여기서부터는 코드가 꽤 길어 집니다. 그 만큼 중요한 부분이라는 거겠죠? Deepseek V3 코드 중에 이 클래스 코드가 가장 깁니다.

일반적은 MLA를 확장한 형태로, 크게 특징을 살펴 보면 다음과 같습니다.

• LoRA로 Query, Key, Value를 부분적으로 분해하여 학습.

• RoPE를 위해 qk_rope_head_dim 차원에만 복소수 회전(cos, sin 변환) 적용.

• ColumnParallelLinear, RowParallelLinear를 이용해 GPU 분산. (Tensor parallel)

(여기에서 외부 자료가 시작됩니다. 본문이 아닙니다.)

-- ===== src/Batch/Phases.antt =====
-- batch.py, `_add_to_group_then_watch`: the two phases of an addition that is to be watched.
use relops_bootstrap.Prelude.{
  arith, ◌+◌, ◌<◌, ◌≤◌, ◌≡◌, ◌≢◌, refl, ap, ◌∙◌, true, false, Option, some, List, [], ◌∷◌, Text,
  text_eq, map, codes,
}
use relops_bootstrap.Settings.{Settings}
use relops_bootstrap.Effects.{ok}
use relops_bootstrap.Batch.Hosts.{is_in, unique}
use relops_bootstrap.Batch.Unique.{unique-keeps}
use relops_bootstrap.Batch.Commands.{
  add_to_group, quarantine_on_register, action_of, Options, child_cmd, filled, watch_seconds,
}
use relops_bootstrap.Batch.Run.{
  Exit, not_run, then_watch, Child, HostResult, run_one, was_skipped, to_watch, Phase, one_phase,
  add_options, watch_options, watch_phase, add_to_group_then_watch, phases_of, run_batch,
}
use relops_bootstrap.Batch.Results.{
  IsUnskipped, result_of-unskipped, result_of-hostname, result_of-some, gather-some,
  gather-unskipped, unique-only, to_watch-keeps,
}

-- What a phase that watches a host does for it: it is one of the children, with the budget for a whole
-- bootstrap, and they have longer than that.
abbrev pub IsWatched : Settings → Text → Phase → Type 0
IsWatched s host p =
    (watched : List Text) × (is_in host watched ≡ true)
    × ((o : Options) × (o.watch_max_wait_seconds
          ≡ s.bootstrap_max_wait_seconds + s.quarantine_on_register_max_wait_seconds)
        × (o.watch_max_wait_seconds < p.timeout)
        × (p.commands ≡ map (child_cmd o quarantine_on_register) watched))

watch_options-timeout :
    (s : Settings) (o : Options) (ws : List Text)
    → o.per_host_timeout ≡ 0
    → (let p = filled s quarantine_on_register (watch_options s o ws) in
        (p.watch_max_wait_seconds
          ≡ s.bootstrap_max_wait_seconds + s.quarantine_on_register_max_wait_seconds)
        × (p.watch_max_wait_seconds < p.per_host_timeout))
unfolding filled watch_seconds watch_options
watch_options-timeout s o ws e = (ground (arith, e), ground (arith, e))

module _ (child : Child) (s : Settings) (o : Options) (host : Text) where
  watch_phase-IsWatched :
      (ws : List Text)
      → o.per_host_timeout ≡ 0
      → is_in host ws ≡ true
      → (p : Phase) × (watch_phase child false s o ws ≡ p ∷ []) × IsWatched s host p
  unfolding watch_phase is_in one_phase
  watch_phase-IsWatched [] e i = absurd (cc)
  watch_phase-IsWatched (h ∷ hs) e i =
      let ws = h ∷ hs in
      let (budget, longer) = watch_options-timeout s o ws e in
      (
        _,
        refl,
        (ws, i, (filled s quarantine_on_register (watch_options s o ws), budget, longer, refl)),
      )

  abbrev adding : Options
  adding = filled s add_to_group (add_options s o)

  abbrev add_phase : List Text → Phase
  add_phase hosts = one_phase child false s add_to_group (add_options s o) hosts

  abbrev adds : Text → Exit
  adds h = child adding.per_host_timeout (child_cmd adding add_to_group h)

  add_phase-unskipped :
      (hosts : List Text)
      → is_in host hosts ≡ true
      → ((h : Text) → is_in h hosts ≡ true → adds h ≢ not_run)
      → IsUnskipped (adds host)
      → (added : List HostResult) × ((add_phase hosts).results ≡ some added)
        × (was_skipped host added ≡ false)
  unfolding one_phase run_one is_in
  add_phase-unskipped hosts i run unskipped =
      let result : (h : Text) → Option HostResult =
        λ h. run_one child adding.per_host_timeout h (child_cmd adding add_to_group h) in
      let (added, e) =
        gather-some result (unique [] hosts)
          (λ h j. result_of-some h _ (adds h) (run h (unique-only h [] hosts j))) in
      (
        added,
        e,
        gather-unskipped result host (unique [] hosts) added
            (λ h r. result_of-hostname h _ (adds h) r)
            (λ r. result_of-unskipped host _ (adds host) r unskipped)
            (unique-keeps host [] hosts i refl) e,
      )

run_batch-add :
    (child : Child) (s : Settings) (o : Options) (hosts : List Text)
    → o.quarantine_on_register ≡ true
    → run_batch child false s o hosts (codes "add-to-group")
      ≡ ok (add_to_group_then_watch child false s o hosts)
unfolding run_batch phases_of action_of text_eq
run_batch-add child s o hosts q = ground (arith, q)

-- A batch that adds hosts to the group and is to hold them, with no timeout given, attaches a watcher to
-- each host whose addition did not exit with 2, the failed and the killed ones included, if each
-- addition's child can be run: a second phase follows, in which the host's child watches for a whole
-- bootstrap and runs under a timeout that is longer than that.
pub run_batch-watches :
    (child : Child) (s : Settings) (o : Options) (hosts : List Text) (host : Text)
    → o.quarantine_on_register ≡ true
    → o.per_host_timeout ≡ 0
    → is_in host hosts ≡ true
    → ((h : Text) → is_in h hosts ≡ true → adds child s o host h ≢ not_run)
    → IsUnskipped (adds child s o host host)
    → (add : Phase) × (watch : Phase) × (run_batch child false s o hosts (codes "add-to-group")
        ≡ ok (add ∷ watch ∷ []))
      × IsWatched s host watch
unfolding add_to_group_then_watch then_watch
run_batch-watches child s o hosts host q e i run unskipped =
    let (added, got, free) = add_phase-unskipped child s o host hosts i run unskipped in
    let (p, eq, watched) =
      watch_phase-IsWatched child s o host (to_watch added hosts) e
        (to_watch-keeps added host hosts i free) in
    (
      add_phase child s o host hosts,
      p,
      run_batch-add child s o hosts q
          ∙ ap (λ r. ok (add_phase child s o host hosts ∷ then_watch child false s o hosts r)) got
          ∙ ap (λ ps. ok (add_phase child s o host hosts ∷ ps)) eq,
      watched,
    )

-- The phase that adds hosts runs no more of them at a time than SimpleMDM bears, whatever is asked for,
-- when that bound is not 0.
pub add_options-clamped :
    (s : Settings) (o : Options)
    → 0 < s.simplemdm_max_concurrent
    → (filled s add_to_group (add_options s o)).concurrency ≤ s.simplemdm_max_concurrent
unfolding filled add_options
add_options-clamped s o positive = ground (arith, positive)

• Attn Impl이 "naive" vs "absorb"로 나누어져, Cache를 저장 및 갱신하는 방법이 다름.

먼저 __init__() 부터 살펴 보겠습니다.

if self.q_lora_rank == 0:
    self.wq = ColumnParallelLinear(self.dim, self.n_heads * self.qk_head_dim)
else:
    self.wq_a = Linear(self.dim, self.q_lora_rank)
    self.q_norm = RMSNorm(self.q_lora_rank)
    self.wq_b = ColumnParallelLinear(self.q_lora_rank, self.n_heads * self.qk_head_dim)

lora rank가 0이면, Q = wq(x)로 그대로 계산하고, 0이 아닌 경우에는 Q를 low rank 분해 (wq_a) 후 RMSNorm을 거쳐 다시 full rank (wq_b)로 확장하고 있습니다. 이 부분이 일반적인 attention 구현과 다른 부분으로, 일반 attention에서는 Q = xWq 처럼 직접 선형 변환을 하는 대신에, 여기 구현에서는 위에서 보는 것처럼 LoRA (Low-Rank Adaption) 기법을 사용하고 있습니다.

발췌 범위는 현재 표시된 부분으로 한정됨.